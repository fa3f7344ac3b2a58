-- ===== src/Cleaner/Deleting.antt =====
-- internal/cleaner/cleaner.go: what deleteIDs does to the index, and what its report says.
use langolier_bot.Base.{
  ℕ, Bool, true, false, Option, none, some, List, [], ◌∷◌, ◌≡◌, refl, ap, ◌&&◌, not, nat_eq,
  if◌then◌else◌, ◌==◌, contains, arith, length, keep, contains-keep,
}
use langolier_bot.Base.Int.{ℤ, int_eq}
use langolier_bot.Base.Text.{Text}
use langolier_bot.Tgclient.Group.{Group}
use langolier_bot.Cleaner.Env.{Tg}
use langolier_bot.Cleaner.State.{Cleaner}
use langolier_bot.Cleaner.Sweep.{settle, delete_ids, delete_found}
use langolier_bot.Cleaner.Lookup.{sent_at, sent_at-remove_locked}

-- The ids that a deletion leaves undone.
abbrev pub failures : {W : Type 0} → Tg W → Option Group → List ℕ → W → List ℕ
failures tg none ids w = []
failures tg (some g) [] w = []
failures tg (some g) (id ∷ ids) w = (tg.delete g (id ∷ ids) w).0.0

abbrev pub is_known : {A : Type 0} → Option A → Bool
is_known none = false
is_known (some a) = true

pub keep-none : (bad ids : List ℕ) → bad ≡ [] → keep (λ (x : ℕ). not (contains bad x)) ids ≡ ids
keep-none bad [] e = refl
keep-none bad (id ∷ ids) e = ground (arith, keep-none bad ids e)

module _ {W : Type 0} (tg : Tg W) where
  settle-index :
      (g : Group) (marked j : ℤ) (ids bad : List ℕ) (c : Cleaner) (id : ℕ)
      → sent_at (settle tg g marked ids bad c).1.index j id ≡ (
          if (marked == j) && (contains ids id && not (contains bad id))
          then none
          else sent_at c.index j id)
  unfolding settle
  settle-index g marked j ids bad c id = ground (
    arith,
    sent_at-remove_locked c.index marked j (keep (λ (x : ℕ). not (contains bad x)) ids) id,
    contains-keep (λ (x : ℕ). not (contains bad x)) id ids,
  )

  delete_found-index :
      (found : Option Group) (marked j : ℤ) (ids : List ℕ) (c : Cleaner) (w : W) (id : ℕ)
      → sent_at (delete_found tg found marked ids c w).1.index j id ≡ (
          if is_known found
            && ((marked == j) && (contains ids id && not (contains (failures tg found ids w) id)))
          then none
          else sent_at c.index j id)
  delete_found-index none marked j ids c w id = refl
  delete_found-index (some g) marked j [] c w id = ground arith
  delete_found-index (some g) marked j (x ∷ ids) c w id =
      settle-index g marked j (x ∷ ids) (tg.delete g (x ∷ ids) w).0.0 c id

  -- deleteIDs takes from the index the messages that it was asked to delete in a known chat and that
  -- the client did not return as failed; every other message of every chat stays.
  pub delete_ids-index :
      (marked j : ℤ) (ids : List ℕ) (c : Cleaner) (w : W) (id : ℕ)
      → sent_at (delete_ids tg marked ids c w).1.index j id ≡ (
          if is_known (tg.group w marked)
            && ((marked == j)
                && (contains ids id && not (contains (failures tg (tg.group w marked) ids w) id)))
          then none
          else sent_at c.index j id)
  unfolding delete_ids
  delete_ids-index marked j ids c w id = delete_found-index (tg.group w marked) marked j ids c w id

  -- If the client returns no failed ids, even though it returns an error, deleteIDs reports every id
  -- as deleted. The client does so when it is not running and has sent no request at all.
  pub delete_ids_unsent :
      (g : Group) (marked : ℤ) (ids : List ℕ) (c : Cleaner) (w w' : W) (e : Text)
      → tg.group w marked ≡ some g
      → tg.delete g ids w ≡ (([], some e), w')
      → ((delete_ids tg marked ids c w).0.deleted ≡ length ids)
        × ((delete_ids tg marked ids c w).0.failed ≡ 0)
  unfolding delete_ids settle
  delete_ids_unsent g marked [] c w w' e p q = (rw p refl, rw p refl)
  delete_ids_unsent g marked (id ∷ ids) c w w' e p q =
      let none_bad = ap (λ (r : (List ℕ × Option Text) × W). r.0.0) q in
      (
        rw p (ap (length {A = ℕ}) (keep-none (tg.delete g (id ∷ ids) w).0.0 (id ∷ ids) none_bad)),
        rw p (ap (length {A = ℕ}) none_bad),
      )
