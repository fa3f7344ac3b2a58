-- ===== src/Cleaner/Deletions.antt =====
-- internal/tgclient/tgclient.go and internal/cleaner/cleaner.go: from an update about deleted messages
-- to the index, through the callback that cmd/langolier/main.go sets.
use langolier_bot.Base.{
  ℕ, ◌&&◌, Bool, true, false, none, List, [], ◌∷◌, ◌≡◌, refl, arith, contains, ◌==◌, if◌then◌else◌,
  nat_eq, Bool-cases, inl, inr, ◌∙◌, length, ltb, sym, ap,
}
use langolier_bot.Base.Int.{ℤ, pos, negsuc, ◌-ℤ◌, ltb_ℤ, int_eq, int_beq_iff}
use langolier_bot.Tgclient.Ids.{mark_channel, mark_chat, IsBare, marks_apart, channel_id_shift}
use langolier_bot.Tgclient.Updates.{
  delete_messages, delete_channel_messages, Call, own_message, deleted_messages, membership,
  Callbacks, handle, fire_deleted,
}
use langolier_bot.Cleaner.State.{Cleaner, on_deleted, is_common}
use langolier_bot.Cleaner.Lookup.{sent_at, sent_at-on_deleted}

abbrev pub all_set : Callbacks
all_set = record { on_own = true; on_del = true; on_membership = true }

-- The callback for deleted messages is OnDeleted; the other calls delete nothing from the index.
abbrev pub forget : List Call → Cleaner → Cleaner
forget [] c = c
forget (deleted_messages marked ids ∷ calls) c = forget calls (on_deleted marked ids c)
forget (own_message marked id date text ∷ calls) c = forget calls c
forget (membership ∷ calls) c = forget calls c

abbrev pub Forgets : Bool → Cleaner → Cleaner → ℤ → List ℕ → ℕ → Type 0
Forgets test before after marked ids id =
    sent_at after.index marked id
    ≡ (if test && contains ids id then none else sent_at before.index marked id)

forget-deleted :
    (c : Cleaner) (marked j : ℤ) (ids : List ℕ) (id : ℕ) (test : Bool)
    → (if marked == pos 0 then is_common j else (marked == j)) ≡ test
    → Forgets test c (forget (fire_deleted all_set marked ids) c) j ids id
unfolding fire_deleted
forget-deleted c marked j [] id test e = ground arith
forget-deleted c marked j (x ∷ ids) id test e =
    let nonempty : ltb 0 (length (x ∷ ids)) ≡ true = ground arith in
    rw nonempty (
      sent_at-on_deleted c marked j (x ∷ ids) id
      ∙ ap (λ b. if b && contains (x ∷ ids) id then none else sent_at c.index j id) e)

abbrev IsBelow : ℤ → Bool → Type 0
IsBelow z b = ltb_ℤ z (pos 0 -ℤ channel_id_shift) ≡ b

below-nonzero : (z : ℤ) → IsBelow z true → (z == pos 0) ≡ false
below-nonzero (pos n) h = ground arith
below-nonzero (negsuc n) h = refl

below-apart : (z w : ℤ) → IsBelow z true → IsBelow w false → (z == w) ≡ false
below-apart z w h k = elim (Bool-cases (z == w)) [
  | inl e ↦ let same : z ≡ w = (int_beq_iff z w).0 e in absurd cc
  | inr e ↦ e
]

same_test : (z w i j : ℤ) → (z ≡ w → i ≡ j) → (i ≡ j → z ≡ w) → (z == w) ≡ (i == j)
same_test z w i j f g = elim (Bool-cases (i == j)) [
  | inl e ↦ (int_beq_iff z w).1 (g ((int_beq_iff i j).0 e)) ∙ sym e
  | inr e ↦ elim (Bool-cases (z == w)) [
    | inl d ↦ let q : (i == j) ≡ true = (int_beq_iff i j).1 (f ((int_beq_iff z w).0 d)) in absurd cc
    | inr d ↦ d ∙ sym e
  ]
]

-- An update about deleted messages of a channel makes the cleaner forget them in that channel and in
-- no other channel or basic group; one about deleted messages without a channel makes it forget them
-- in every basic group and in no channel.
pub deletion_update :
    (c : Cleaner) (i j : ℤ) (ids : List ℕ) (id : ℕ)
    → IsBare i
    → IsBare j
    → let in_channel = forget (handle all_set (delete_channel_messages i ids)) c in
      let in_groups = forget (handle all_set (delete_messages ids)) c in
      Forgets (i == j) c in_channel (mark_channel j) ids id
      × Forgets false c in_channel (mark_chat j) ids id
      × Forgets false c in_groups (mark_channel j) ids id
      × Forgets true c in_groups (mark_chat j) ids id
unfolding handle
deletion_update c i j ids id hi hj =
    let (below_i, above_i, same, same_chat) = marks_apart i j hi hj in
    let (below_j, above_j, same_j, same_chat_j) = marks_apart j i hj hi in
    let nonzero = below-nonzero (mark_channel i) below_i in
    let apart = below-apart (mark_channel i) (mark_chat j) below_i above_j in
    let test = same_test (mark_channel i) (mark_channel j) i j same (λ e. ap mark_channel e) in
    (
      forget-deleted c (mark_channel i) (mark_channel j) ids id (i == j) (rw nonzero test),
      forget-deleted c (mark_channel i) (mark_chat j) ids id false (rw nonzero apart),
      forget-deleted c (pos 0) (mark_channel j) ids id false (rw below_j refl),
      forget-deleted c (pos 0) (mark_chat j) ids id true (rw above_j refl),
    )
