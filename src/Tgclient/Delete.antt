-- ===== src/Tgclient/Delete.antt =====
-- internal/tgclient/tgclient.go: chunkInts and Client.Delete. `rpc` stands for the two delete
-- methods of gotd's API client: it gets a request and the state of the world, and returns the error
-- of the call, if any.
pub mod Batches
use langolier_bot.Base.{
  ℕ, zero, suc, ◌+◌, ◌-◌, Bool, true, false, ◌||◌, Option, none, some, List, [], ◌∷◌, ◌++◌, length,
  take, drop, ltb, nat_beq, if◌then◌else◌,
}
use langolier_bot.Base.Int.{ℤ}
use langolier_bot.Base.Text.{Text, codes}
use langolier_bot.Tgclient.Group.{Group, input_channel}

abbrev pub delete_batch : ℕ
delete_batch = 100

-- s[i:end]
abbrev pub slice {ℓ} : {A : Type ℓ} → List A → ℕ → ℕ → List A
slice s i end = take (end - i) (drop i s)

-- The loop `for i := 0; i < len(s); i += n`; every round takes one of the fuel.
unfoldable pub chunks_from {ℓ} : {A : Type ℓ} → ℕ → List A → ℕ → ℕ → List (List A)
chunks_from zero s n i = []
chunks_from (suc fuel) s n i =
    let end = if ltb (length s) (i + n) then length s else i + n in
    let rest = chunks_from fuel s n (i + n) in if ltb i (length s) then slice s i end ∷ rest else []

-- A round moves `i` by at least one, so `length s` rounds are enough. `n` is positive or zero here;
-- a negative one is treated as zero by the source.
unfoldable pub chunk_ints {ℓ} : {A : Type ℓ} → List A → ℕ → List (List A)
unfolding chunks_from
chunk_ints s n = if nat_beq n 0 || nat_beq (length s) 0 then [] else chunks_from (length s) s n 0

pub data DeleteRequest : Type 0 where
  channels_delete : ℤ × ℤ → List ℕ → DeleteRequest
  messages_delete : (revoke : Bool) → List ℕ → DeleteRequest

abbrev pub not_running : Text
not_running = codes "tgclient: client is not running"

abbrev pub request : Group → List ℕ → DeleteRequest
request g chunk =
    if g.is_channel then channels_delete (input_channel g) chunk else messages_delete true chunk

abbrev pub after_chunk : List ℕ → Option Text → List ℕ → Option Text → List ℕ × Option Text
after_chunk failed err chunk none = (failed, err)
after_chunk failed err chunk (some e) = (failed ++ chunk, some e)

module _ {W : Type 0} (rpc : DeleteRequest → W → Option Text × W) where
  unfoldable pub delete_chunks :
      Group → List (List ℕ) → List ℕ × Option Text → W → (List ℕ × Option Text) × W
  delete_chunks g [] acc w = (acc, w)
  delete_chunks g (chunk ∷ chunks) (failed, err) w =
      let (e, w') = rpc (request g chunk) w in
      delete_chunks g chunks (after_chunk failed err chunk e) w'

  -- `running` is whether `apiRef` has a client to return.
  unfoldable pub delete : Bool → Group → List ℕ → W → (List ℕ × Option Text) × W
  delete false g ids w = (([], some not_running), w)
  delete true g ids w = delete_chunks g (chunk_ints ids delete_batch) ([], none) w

» **Task description**: Filter the entries above and keep only the lines with the word "does".

» **Written response**:
-- internal/cleaner/cleaner.go: what deleteIDs does to the index, and what its report says.
  -- as deleted. The client does so when it is not running and has sent no request at all.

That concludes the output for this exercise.